[[ ENTRIES PROVIDED, beginning ]]
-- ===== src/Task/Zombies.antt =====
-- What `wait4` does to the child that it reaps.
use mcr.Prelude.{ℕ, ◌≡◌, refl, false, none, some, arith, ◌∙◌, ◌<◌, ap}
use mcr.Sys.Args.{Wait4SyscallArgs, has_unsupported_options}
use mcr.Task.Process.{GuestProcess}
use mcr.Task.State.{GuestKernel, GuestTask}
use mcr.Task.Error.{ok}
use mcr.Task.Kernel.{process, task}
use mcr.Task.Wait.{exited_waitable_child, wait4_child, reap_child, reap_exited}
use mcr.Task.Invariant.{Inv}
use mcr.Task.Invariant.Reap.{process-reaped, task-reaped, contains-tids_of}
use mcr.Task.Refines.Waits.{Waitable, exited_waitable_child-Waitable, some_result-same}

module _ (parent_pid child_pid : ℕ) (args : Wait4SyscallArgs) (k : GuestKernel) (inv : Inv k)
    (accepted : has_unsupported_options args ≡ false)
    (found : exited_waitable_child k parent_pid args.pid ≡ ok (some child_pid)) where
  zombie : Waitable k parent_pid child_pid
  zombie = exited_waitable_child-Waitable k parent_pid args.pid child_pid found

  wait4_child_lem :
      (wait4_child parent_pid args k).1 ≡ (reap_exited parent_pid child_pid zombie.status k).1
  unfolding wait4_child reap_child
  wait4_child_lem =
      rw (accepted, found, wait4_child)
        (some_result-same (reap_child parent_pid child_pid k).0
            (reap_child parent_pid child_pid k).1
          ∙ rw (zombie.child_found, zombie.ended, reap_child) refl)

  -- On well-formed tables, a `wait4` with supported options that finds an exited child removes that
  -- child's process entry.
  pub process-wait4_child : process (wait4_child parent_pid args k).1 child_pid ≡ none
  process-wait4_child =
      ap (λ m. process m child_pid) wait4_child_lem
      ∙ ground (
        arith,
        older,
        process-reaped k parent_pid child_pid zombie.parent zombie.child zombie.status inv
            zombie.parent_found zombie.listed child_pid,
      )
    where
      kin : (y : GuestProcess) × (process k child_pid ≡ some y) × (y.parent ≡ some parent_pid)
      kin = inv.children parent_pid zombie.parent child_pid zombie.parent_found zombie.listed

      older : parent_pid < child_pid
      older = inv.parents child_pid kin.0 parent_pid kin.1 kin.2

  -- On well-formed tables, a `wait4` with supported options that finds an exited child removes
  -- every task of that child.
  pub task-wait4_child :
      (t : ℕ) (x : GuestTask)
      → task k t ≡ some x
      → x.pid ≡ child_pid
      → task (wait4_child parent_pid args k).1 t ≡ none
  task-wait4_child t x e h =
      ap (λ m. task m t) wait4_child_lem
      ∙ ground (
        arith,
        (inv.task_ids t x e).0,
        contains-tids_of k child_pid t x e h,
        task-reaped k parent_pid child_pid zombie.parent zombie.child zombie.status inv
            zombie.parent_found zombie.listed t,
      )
[[ ENTRIES PROVIDED, end ]]
◆ WHAT IS NEEDED: Copy out every line in the entries above that holds "with".

◆ OUTPUT FOR THIS TASK:
  -- On well-formed tables, a `wait4` with supported options that finds an exited child removes that
  -- On well-formed tables, a `wait4` with supported options that finds an exited child removes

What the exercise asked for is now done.